The free energies averaged across replicas revealed how both ligands bind with affinity for the ATP pocket in ILK with mean values of -50.49 and − 48.93 kcal/mol for ATP and Cpd22 respectively. Thus, the predicted interaction affinity for ATP towards ILK is slightly more favorable than for Cpd22 (Table S2), which is expected as the former is the cognate ligand of this pseudo-kinase. However, the small difference between both affinities, in terms of binding free energy, is consistent with the experimentally measured values of KD, which also exhibited quite similar values for both molecules, as mentioned previously (see “Assessment of binding free energy of Cpd22 by surface plasmon resonance” section).

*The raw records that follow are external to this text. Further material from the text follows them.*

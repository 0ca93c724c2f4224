-- ===== src/GenericUniCode/Widened.antt =====
-- Shellcode that was widened is found and narrowed.
use nepenthes.Base.{
  ℕ, zero, suc, ◌+◌, ◌*◌, ◌≤◌, ◌<◌, ◌≡◌, ◌∙◌, ◌⊎◌, refl, sym, ap, ap₂, subst, arith, ◌==◌, ltb,
  Bool-cases, inl, inr, true, false, List, [], ◌∷◌, ◌++◌, length, length-append, take, drop,
  take-append, drop-append, done,
}
use nepenthes.ShellcodeManager.{sch_reprocess}
use nepenthes.GenericUniCode.{
  Runs, count_byte, count_runs, longest_run, is_wide, unicode_length, low_bytes, handle_shellcode,
}
use nepenthes.GenericUniCode.Narrowing.{narrow_within, narrow, unicode_try_decode-narrow}

-- Each byte behind a zero byte.
abbrev pub widen : List ℕ → List ℕ
widen [] = []
widen (c ∷ s) = 0 ∷ c ∷ widen s

-- No byte is zero.
abbrev pub IsPlain : List ℕ → Type 0
IsPlain [] = Unit
IsPlain (c ∷ s) = ((c == 0) ≡ false) × IsPlain s

pub length-widen : (s : List ℕ) → length (widen s) ≡ 2 * length s
length-widen [] = refl
length-widen (c ∷ s) = omega (arith, length-widen s)

unicode_length-plain : (s : List ℕ) → IsPlain s → unicode_length false s ≡ 0
unfolding unicode_length
unicode_length-plain [] i = refl
unicode_length-plain (c ∷ s) (e, i) = rw (e)

unicode_length-widen :
    (code s : List ℕ) → IsPlain s → unicode_length false (widen code ++ s) ≡ length (widen code)
unfolding unicode_length
unicode_length-widen [] s i = unicode_length-plain s i
unicode_length-widen (c ∷ code) s i = ap (λ n. suc (suc n)) (unicode_length-widen code s i)

pub low_bytes-widen : (code : List ℕ) → low_bytes (widen code) ≡ code
unfolding low_bytes
low_bytes-widen [] = refl
low_bytes-widen (c ∷ code) = ap (λ s. c ∷ s) (low_bytes-widen code)

is_wide-plain : (c : ℕ) (s : List ℕ) → (c == 0) ≡ false → is_wide (c ∷ s) ≡ false
unfolding is_wide
is_wide-plain c s e = rw (e)

-- Bytes that are not zero stay.
narrow_within-plain :
    (p s out : List ℕ) (fuel : ℕ)
    → IsPlain p
    → length (p ++ s) ≤ fuel
    → ((k : ℕ) → length s ≤ k → narrow_within k s ≡ out)
    → narrow_within fuel (p ++ s) ≡ p ++ out
unfolding narrow_within
narrow_within-plain [] s out fuel i less go = go fuel less
narrow_within-plain (c ∷ p) s out zero i less go = absurd (omega (arith, less))
narrow_within-plain (c ∷ p) s out (suc fuel) (e, i) less go =
    rw (is_wide-plain c (p ++ s) e, narrow_within)
      (ap (λ x. c ∷ x) (narrow_within-plain p s out fuel i (omega (arith, less)) go))

narrow_within-plain_all :
    (s : List ℕ) (fuel : ℕ) → IsPlain s → length s ≤ fuel → narrow_within fuel s ≡ s
unfolding narrow_within
narrow_within-plain_all [] fuel i less = refl
narrow_within-plain_all (c ∷ s) zero i less = absurd (omega (arith, less))
narrow_within-plain_all (c ∷ s) (suc fuel) (e, i) less =
    rw (is_wide-plain c s e, narrow_within)
      (ap (λ x. c ∷ x) (narrow_within-plain_all s fuel i (omega (arith, less))))

is_wide-long : (s : List ℕ) → 10 < unicode_length false (0 ∷ s) → is_wide (0 ∷ s) ≡ true
unfolding is_wide
is_wide-long s long = ground (arith, long)

pub narrow_within-wide :
    (fuel c : ℕ) (s : List ℕ)
    → is_wide (c ∷ s) ≡ true
    → narrow_within (suc fuel) (c ∷ s)
      ≡ low_bytes (take (unicode_length false (c ∷ s)) (c ∷ s))
        ++ narrow_within fuel (drop (unicode_length false (c ∷ s)) (c ∷ s))
unfolding narrow_within
narrow_within-wide fuel c s e = rw (e, narrow_within)

-- A code that was widened is narrowed, but for a short one.
narrow_within-widen :
    (c : ℕ) (code s : List ℕ) (fuel : ℕ)
    → 5 ≤ length code
    → IsPlain s
    → length (widen (c ∷ code) ++ s) ≤ fuel
    → narrow_within fuel (widen (c ∷ code) ++ s) ≡ (c ∷ code) ++ s
narrow_within-widen c code s zero long i less = absurd (omega (arith, less))
narrow_within-widen c code s (suc fuel) long i less =
    let wide = widen (c ∷ code) in
    let size : unicode_length false (wide ++ s) ≡ length wide =
      unicode_length-widen (c ∷ code) s i in
    let sizes = length-append wide s in
    narrow_within-wide fuel 0 (c ∷ (widen code ++ s))
      (is_wide-long (c ∷ (widen code ++ s)) (omega (arith, size, length-widen (c ∷ code), long)))
    ∙ ap (λ n. low_bytes (take n (wide ++ s)) ++ narrow_within fuel (drop n (wide ++ s))) size
    ∙ ap₂ (λ x y. low_bytes x ++ narrow_within fuel y) (take-append (length wide) wide s refl)
        (drop-append (length wide) wide s refl)
    ∙ ap₂ (λ (x y : List ℕ). x ++ y) (low_bytes-widen (c ∷ code))
        (narrow_within-plain_all s fuel i (omega (arith, less, sizes)))

-- The longest run never gets shorter.
count_byte-maxuni : (r : Runs) (c : ℕ) → r.maxuni ≤ (count_byte r c).maxuni
unfolding count_byte
count_byte-maxuni r c = elim (Bool-cases (c == 0)) [
  | inl e ↦ rw (e) (omega arith)
  | inr e ↦ rw (e) (ground arith)
]

count_runs-maxuni : (r : Runs) (s : List ℕ) → r.maxuni ≤ (count_runs r s).maxuni
unfolding count_runs
count_runs-maxuni r [] = omega arith
count_runs-maxuni r (c ∷ []) = count_byte-maxuni r c
count_runs-maxuni r (c ∷ d ∷ s) =
    omega (arith, count_byte-maxuni r c, count_runs-maxuni (count_byte r c) s)

run_ends : (r : Runs) (x : ℕ) → (x == 0) ≡ false → r.uni ≤ (count_byte r x).maxuni
unfolding count_byte
run_ends r x e = rw (e) (ground arith)

count_runs-ends :
    (r : Runs) (x : ℕ) (s : List ℕ) → (x == 0) ≡ false → r.uni ≤ (count_runs r (x ∷ s)).maxuni
unfolding count_runs
count_runs-ends r x [] e = run_ends r x e
count_runs-ends r x (d ∷ s) e = omega (arith, run_ends r x e, count_runs-maxuni (count_byte r x) s)

-- A widened code is a run of so many zeros.
count_runs-widen :
    (code s : List ℕ) (x : ℕ) (r : Runs)
    → (x == 0) ≡ false
    → r.uni + length code ≤ (count_runs r (widen code ++ (x ∷ s))).maxuni
unfolding count_runs count_byte
count_runs-widen [] s x r e = omega (arith, count_runs-ends r x s e)
count_runs-widen (c ∷ code) s x r e =
    omega (arith, count_runs-widen code s x (record r { uni = r.uni + 1 }) e)

-- The bytes of a message in pairs, and perhaps one before them.
abbrev IsEven : List ℕ → Type 0
IsEven [] = Unit
IsEven (c ∷ []) = ⊥
IsEven (c ∷ d ∷ s) = IsEven s

IsEven-or : (s : List ℕ) → IsEven s ⊎ ((c : ℕ) × (s' : List ℕ) × (s ≡ c ∷ s') × IsEven s')
IsEven-or [] = inl tt
IsEven-or (c ∷ []) = inr (c, [], refl, tt)
IsEven-or (c ∷ d ∷ s) = elim (IsEven-or s) [
  | inl i ↦ inl i
  | inr (c', s', e, i) ↦ inr (c, d ∷ s, refl, subst (λ z. IsEven (d ∷ z)) (sym e) i)
]

count_runs-even :
    (a s : List ℕ) (r : Runs) → IsEven a → count_runs r (a ++ s) ≡ count_runs (count_runs r a) s
unfolding count_runs
count_runs-even [] s r i = refl
count_runs-even (c ∷ []) s r i = absurd i
count_runs-even (c ∷ d ∷ a) s r i = count_runs-even a s (count_byte r c) i

longest_run-even :
    (p code r : List ℕ) (x : ℕ)
    → (x == 0) ≡ false
    → IsEven p
    → length code ≤ longest_run (p ++ (widen code ++ (x ∷ r)))
unfolding longest_run
longest_run-even p code r x e i =
    let start : Runs = record { uni = 0; maxuni = 0 } in
    let wide = widen code ++ (x ∷ r) in
    omega (
      arith,
      ap (λ (y : Runs). y.maxuni) (count_runs-even p wide start i),
      count_runs-widen code r x (count_runs start p) e,
      count_runs-maxuni (count_runs start (p ++ wide)) (drop 1 (p ++ wide)),
    )

longest_run-odd :
    (c : ℕ) (p code r : List ℕ) (x : ℕ)
    → (x == 0) ≡ false
    → IsEven p
    → length code ≤ longest_run ((c ∷ p) ++ (widen code ++ (x ∷ r)))
unfolding longest_run
longest_run-odd c p code r x e i =
    let wide = widen code ++ (x ∷ r) in
    let first = count_runs (record { uni = 0; maxuni = 0 }) ((c ∷ p) ++ wide) in
    omega (
      arith,
      ap (λ (y : Runs). y.maxuni) (count_runs-even p wide first i),
      count_runs-widen code r x (count_runs first p) e,
    )

longest_run-widen :
    (p code r : List ℕ) (x : ℕ)
    → (x == 0) ≡ false
    → length code ≤ longest_run (p ++ (widen code ++ (x ∷ r)))
unfolding longest_run
longest_run-widen p code r x e = elim (IsEven-or p) [
  | inl i ↦ longest_run-even p code r x e i
  | inr (c, p', same, i) ↦
      subst (λ z. length code ≤ longest_run (z ++ (widen code ++ (x ∷ r)))) (sym same)
        (longest_run-odd c p' code r x e i)
]

narrow-widen :
    (p code r : List ℕ)
    → IsPlain p
    → 5 < length code
    → IsPlain r
    → narrow (p ++ (widen code ++ r)) ≡ p ++ (code ++ r)
narrow-widen p [] r i long j = absurd (omega (arith, long))
narrow-widen p (c ∷ code) r i long j =
    let wide = widen (c ∷ code) ++ r in
    narrow_within-plain p wide ((c ∷ code) ++ r) (length (p ++ wide)) i (omega arith)
      (λ k less. narrow_within-widen c code r k (omega (arith, long)) j less)

-- A message of bytes that are not zero, widened code of more than 2000 bytes, and at least one more
-- byte, none zero: the code is found, and the message that is looked at next has it narrowed, in its
-- place. Malloc gives the block.
pub handle_shellcode-widen :
    (p code r : List ℕ) (x : ℕ)
    → IsPlain p
    → 2000 < length code
    → IsPlain (x ∷ r)
    → handle_shellcode (p ++ (widen code ++ (x ∷ r))) ≡ done (sch_reprocess, p ++ (code ++ (x ∷ r)))
unfolding handle_shellcode
handle_shellcode-widen p code r x i long j =
    let msg = p ++ (widen code ++ (x ∷ r)) in
    let found : ltb 2000 (longest_run msg) ≡ true =
      ground (arith, longest_run-widen p code r x j.0, long) in
    let (block, n, e, _, _, holds) = unicode_try_decode-narrow msg in
    rw (found, e)
      (ap (λ m. done (sch_reprocess, m))
        (holds ∙ narrow-widen p code (x ∷ r) i (omega (arith, long)) j))
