-- ===== src/GenericUniCode/Relation.antt =====
-- What narrowing is: each run of zero bytes and bytes behind them, on its own.
use mathlib.Core.List.{append-nil}
use nepenthes.Base.{
  ℕ, zero, suc, ◌≤◌, ◌≡◌, ◌∙◌, ◌⊎◌, refl, sym, ap, ap₂, subst, arith, Bool-cases, inl, inr, false,
  List, [], ◌∷◌, ◌++◌, length, length-append, take, drop, take-append, drop-append, done,
}
use nepenthes.GenericUniCode.{is_wide, unicode_length, low_bytes, unicode_try_decode}
use nepenthes.GenericUniCode.Narrowing.{narrow_within, unicode_try_decode-narrow, wide-long}
use nepenthes.GenericUniCode.Widened.{widen, low_bytes-widen, length-widen}

-- No run goes on here: the end, or a byte that is not zero.
abbrev pub IsStop : List ℕ → Type 0
IsStop [] = Unit
IsStop (zero ∷ s) = ⊥
IsStop (suc c ∷ s) = Unit

-- The second message is the first one narrowed. A run is a code with a zero byte before each of its
-- bytes; at the end of the message the last zero may have no byte behind it.
pub data Narrows : List ℕ → List ℕ → Type 0 where
  narrows_end : Narrows [] []
  -- Six bytes and more are taken out of their run,
  narrows_run :
      (msg code rest out : List ℕ)
      → msg ≡ widen code ++ rest
      → IsStop rest
      → 6 ≤ length code
      → Narrows rest out
      → Narrows msg (code ++ out)
  -- and five and more when a lone zero follows, which is left out.
  narrows_open :
      (msg code : List ℕ) → msg ≡ widen code ++ 0 ∷ [] → 5 ≤ length code → Narrows msg code
  -- Where there is no such run, the first byte stays.
  narrows_short :
      (c : ℕ) (s code rest out : List ℕ)
      → c ∷ s ≡ widen code ++ rest
      → IsStop rest
      → length code ≤ 5
      → Narrows s out
      → Narrows (c ∷ s) (c ∷ out)
  narrows_short_open :
      (c : ℕ) (s code out : List ℕ)
      → c ∷ s ≡ widen code ++ 0 ∷ []
      → length code ≤ 4
      → Narrows s out
      → Narrows (c ∷ s) (c ∷ out)

-- The run that a message starts with, and its length as the code counts it.
abbrev HeadRun : List ℕ → Type 0
HeadRun s =
    ((code rest : List ℕ) × (s ≡ widen code ++ rest)
      × IsStop rest
      × (unicode_length false s ≡ length (widen code)))
    ⊎ ((code : List ℕ) × (s ≡ widen code ++ 0 ∷ [])
        × (unicode_length false s ≡ suc (length (widen code))))

run_of : (s : List ℕ) → HeadRun s
unfolding unicode_length
run_of [] = inl ([], [], refl, tt, refl)
run_of (suc c ∷ s) = inl ([], suc c ∷ s, refl, tt, ground arith)
run_of (zero ∷ []) = inr ([], refl, refl)
run_of (zero ∷ d ∷ s) = elim (run_of s) [
  | inl (code, rest, e, stop, size) ↦
      inl (d ∷ code, rest, ap (λ x. 0 ∷ d ∷ x) e, stop, ap (λ n. suc (suc n)) size)
  | inr (code, e, size) ↦ inr (d ∷ code, ap (λ x. 0 ∷ d ∷ x) e, ap (λ n. suc (suc n)) size)
]

not_wide : (c : ℕ) (s : List ℕ) → is_wide (c ∷ s) ≡ false → unicode_length false (c ∷ s) ≤ 10
unfolding is_wide unicode_length
not_wide zero s e = ground (arith, e)
not_wide (suc c) s e = ground arith

-- What is taken out of a run, and what is behind it.
taken : (code rest : List ℕ) → low_bytes (take (length (widen code)) (widen code ++ rest)) ≡ code
taken code rest =
    ap low_bytes (take-append (length (widen code)) (widen code) rest refl) ∙ low_bytes-widen code

low_bytes-open : (code : List ℕ) → low_bytes (widen code ++ 0 ∷ []) ≡ code
unfolding low_bytes
low_bytes-open [] = refl
low_bytes-open (c ∷ code) = ap (λ s. c ∷ s) (low_bytes-open code)

take_open : (s : List ℕ) → take (suc (length s)) (s ++ 0 ∷ []) ≡ s ++ 0 ∷ []
take_open [] = refl
take_open (c ∷ s) = ap (λ x. c ∷ x) (take_open s)

drop_open : (s : List ℕ) → drop (suc (length s)) (s ++ 0 ∷ []) ≡ []
drop_open [] = refl
drop_open (c ∷ s) = drop_open s

-- What the loop writes, given how long the run at the head is.
abbrev pub written : ℕ → ℕ → List ℕ → List ℕ
written fuel n s = low_bytes (take n s) ++ narrow_within fuel (drop n s)

pub written-run :
    (fuel n : ℕ) (s code rest : List ℕ)
    → s ≡ widen code ++ rest
    → n ≡ length (widen code)
    → written fuel n s ≡ code ++ narrow_within fuel rest
written-run fuel n s code rest e size =
    ap₂ (written fuel) size e
    ∙ ap₂ (λ (x y : List ℕ). x ++ narrow_within fuel y) (taken code rest)
        (drop-append (length (widen code)) (widen code) rest refl)

pub written-open :
    (fuel n : ℕ) (s code : List ℕ)
    → s ≡ widen code ++ 0 ∷ []
    → n ≡ suc (length (widen code))
    → written fuel n s ≡ code
unfolding narrow_within
written-open fuel n s code e size =
    ap₂ (written fuel) size e
    ∙ ap₂ (λ (x y : List ℕ). low_bytes x ++ narrow_within fuel y) (take_open (widen code))
        (drop_open (widen code))
    ∙ append-nil (low_bytes (widen code ++ 0 ∷ []))
    ∙ low_bytes-open code

pub rest_shorter :
    (s code rest : List ℕ) (c fuel : ℕ)
    → c ∷ s ≡ widen code ++ rest
    → 6 ≤ length code
    → length (c ∷ s) ≤ suc fuel
    → length rest ≤ fuel
rest_shorter s code rest c fuel e long less =
    omega (arith, ap length e, length-append (widen code) rest, length-widen code)

-- The narrowing by fuel is the narrowing of the runs.
narrow_within-Narrows : (fuel : ℕ) (s : List ℕ) → length s ≤ fuel → Narrows s (narrow_within fuel s)
unfolding narrow_within
narrow_within-Narrows fuel [] less = narrows_end
narrow_within-Narrows zero (c ∷ s) less = absurd (omega (arith, less))
narrow_within-Narrows (suc fuel) (c ∷ s) less =
    let next = narrow_within-Narrows fuel s (omega (arith, less)) in
    elim (Bool-cases (is_wide (c ∷ s))) [
      | inl wide ↦
          rw (wide, narrow_within)
            (elim (run_of (c ∷ s)) [
              | inl (code, rest, e, stop, size) ↦
                  let long : 6 ≤ length code =
                    omega (arith, wide-long c s wide, size, length-widen code) in
                  subst (Narrows (c ∷ s)) (sym (written-run fuel _ (c ∷ s) code rest e size)) (
                    narrows_run (c ∷ s) code rest (narrow_within fuel rest) e stop long (
                      narrow_within-Narrows fuel rest
                        (rest_shorter s code rest c fuel e long less)))
              | inr (code, e, size) ↦
                  subst (Narrows (c ∷ s)) (sym (written-open fuel _ (c ∷ s) code e size)) (
                    narrows_open (c ∷ s) code e
                      (omega (arith, wide-long c s wide, size, length-widen code)))
            ])
      | inr plain ↦
          rw (plain, narrow_within)
            (elim (run_of (c ∷ s)) [
              | inl (code, rest, e, stop, size) ↦
                  narrows_short c s code rest (narrow_within fuel s) e stop
                    (omega (arith, not_wide c s plain, size, length-widen code)) next
              | inr (code, e, size) ↦
                  narrows_short_open c s code (narrow_within fuel s) e
                    (omega (arith, not_wide c s plain, size, length-widen code)) next
            ])
    ]

-- Whatever the message is, the decoding returns and stays inside of its block, which is as long as
-- the message; the bytes that it counts are the message narrowed: each run of six bytes or more with
-- a zero byte before each, or of five or more and a lone zero at the end of the message, has its
-- zeros taken out, and all else stays. Malloc gives the block.
pub unicode_try_decode-Narrows :
    (msg : List ℕ)
    → (block : List ℕ) × (n : ℕ) × (unicode_try_decode msg ≡ done (block, n))
      × (n ≤ length msg)
      × (length block ≡ length msg)
      × Narrows msg (take n block)
unicode_try_decode-Narrows msg =
    let (block, n, e, less, same, holds) = unicode_try_decode-narrow msg in
    (
      block,
      n,
      e,
      less,
      same,
      subst (Narrows msg) (sym holds) (narrow_within-Narrows (length msg) msg (omega arith)),
    )
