-- ===== src/ShellcodeManager/Steps.antt =====
-- One round of the search, as an equation.
use nepenthes.Base.{
  ℕ, zero, suc, ◌≡◌, refl, ◌⊎◌, inl, inr, List, [], ◌∷◌, Outcome, done, running, Option, none, some,
  Bool,
}
use nepenthes.ShellcodeManager.{
  SchResult, sch_nothing, sch_reprocess, sch_reprocess_but_not_me, sch_done, ShellcodeHandler,
  Answer, Search, search_from, handle_shellcode, event_of, final_event, ev_shellcode,
  ev_shellcode_done,
}

pub SchResult-cases :
    (r : SchResult)
    → ((r ≡ sch_nothing) ⊎ (r ≡ sch_reprocess)) ⊎ ((r ≡ sch_reprocess_but_not_me) ⊎ (r ≡ sch_done))
SchResult-cases sch_nothing = inl (inl refl)
SchResult-cases sch_reprocess = inl (inr refl)
SchResult-cases sch_reprocess_but_not_me = inr (inl refl)
SchResult-cases sch_done = inr (inr refl)

module _ {Message World : Type 0}
    (handle : ShellcodeHandler → Message → World → Answer Message World)
    (handlers : List ShellcodeHandler) where
  -- The handler passes the message on, and leaves everything as it is.
  abbrev pub Passes : Message → World → ShellcodeHandler → Type 0
  Passes msg w g = handle g msg w ≡ record { result = sch_nothing; message = msg; world = w }

  -- How the search goes on after each answer.
  abbrev pub after :
      SchResult
      → ℕ
      → ShellcodeHandler
      → List ShellcodeHandler
      → Message
      → World
      → Outcome (Search Message World)
  after sch_nothing fuel h hs msg w = search_from handle handlers fuel hs msg w
  after sch_reprocess fuel h hs msg w = search_from handle handlers fuel handlers msg w
  after sch_reprocess_but_not_me fuel h hs msg w = search_from handle handlers fuel (h ∷ hs) msg w
  after sch_done fuel h hs msg w =
      done (record { result = sch_done; handler = some h; message = msg; world = w })

  abbrev pub after_answer :
      ℕ
      → ShellcodeHandler
      → List ShellcodeHandler
      → Answer Message World
      → Outcome (Search Message World)
  after_answer fuel h hs a = after a.result fuel h hs a.message a.world

  pub search-step :
      (fuel : ℕ) (h : ShellcodeHandler) (hs : List ShellcodeHandler) (msg : Message) (w : World)
      → search_from handle handlers (suc fuel) (h ∷ hs) msg w
        ≡ after_answer fuel h hs (handle h msg w)
  unfolding search_from
  search-step fuel h hs msg w = elim (SchResult-cases (handle h msg w).result) [
    | inl (inl e) ↦ rw (e, search_from)
    | inl (inr e) ↦ rw (e, search_from)
    | inr (inl e) ↦ rw (e, search_from)
    | inr (inr e) ↦ rw (e, search_from)
  ]

  pub search-nil :
      (fuel : ℕ) (msg : Message) (w : World)
      → search_from handle handlers (suc fuel) [] msg w
        ≡ done (record { result = sch_nothing; handler = none; message = msg; world = w })
  unfolding search_from
  search-nil fuel msg w = refl

  pub search-zero :
      (hs : List ShellcodeHandler) (msg : Message) (w : World)
      → search_from handle handlers zero hs msg w ≡ running
  unfolding search_from
  search-zero hs msg w = refl

  -- What `handleShellcode` reports when a handler was done.
  pub handle_shellcode-search :
      (fuel : ℕ) (msg : Message) (trigger : Option (List ℕ)) (known : Bool) (w : World)
      (h : ShellcodeHandler) (left : Message) (w' : World)
      → search_from handle handlers fuel handlers msg w
        ≡ done (record { result = sch_done; handler = some h; message = left; world = w' })
      → handle_shellcode handle handlers fuel msg trigger known w
        ≡ done (
          record { result = sch_done; handler = some h; message = left; world = w' },
          event_of handle handlers msg none trigger known ev_shellcode
              ∷ event_of handle handlers left (some h) trigger known ev_shellcode_done
              ∷ [],
        )
  unfolding handle_shellcode final_event
  handle_shellcode-search fuel msg trigger known w h left w' e = rw e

Indeed, whereas the main favorable contribution for ATP binding energy is provided by electrostatic interactions (coulombic term), in the case of Cpd22 it is given by van der Waals forces (12–6 Lennard–Jones potential) (Fig. 7A). This can be explained by the larger number of polar substituents present in the ATP molecule, especially phosphate groups. These moieties participate actively in the interaction with several polar and charged residues of the binding pocket, including Ser204, Lys220, Asn279, Arg323, Asp339, and Lys341, thereby exerting a strong influence on the binding pose and its stability during MD simulations (Fig. S5B). A detailed analysis of the per-residue contribution to the binding free energy for CPD22 may reveal the importance of some residues and their role in anchoring the molecule into the pseudo-active site cleft (Fig. 7B and S7). As observed previously in docking and MD simulations, the largest contribution comes from Glu283 (approx. -10 kcal/mol averaged over three independent replicas) and its ionic interactions with the
piperazine moiety (Fig. 7B). Interestingly, Arg323 is also considered to be an important residue for the binding free energy according to these calculations, although it depends on the side-chain orientation. During MD simulations, Arg323 can flip and accommodate its side-chain to establish a cation···π interaction between the guanidinium group and the ligand phenyl ring from branch A. Furthermore, Arg323 also interacts with this branch of Cpd22 via van der Waals interactions with the CH2 groups in its side chain, thus making this residue an important anchoring partner and stabilizing branch A.
Further contributions are provided by aliphatic and aromatic amino acids such as Leu199, Leu207, Tyr278, Trp271 and Tyr351, mainly as a result of non-polar contacts with Cpd22. It is worth noting that the stable coordination observed during MD simulations influences the binding free energy via the Mg2+ cation contribution (approx. 2 kcal/mol across replicas) to Cpd22 binding.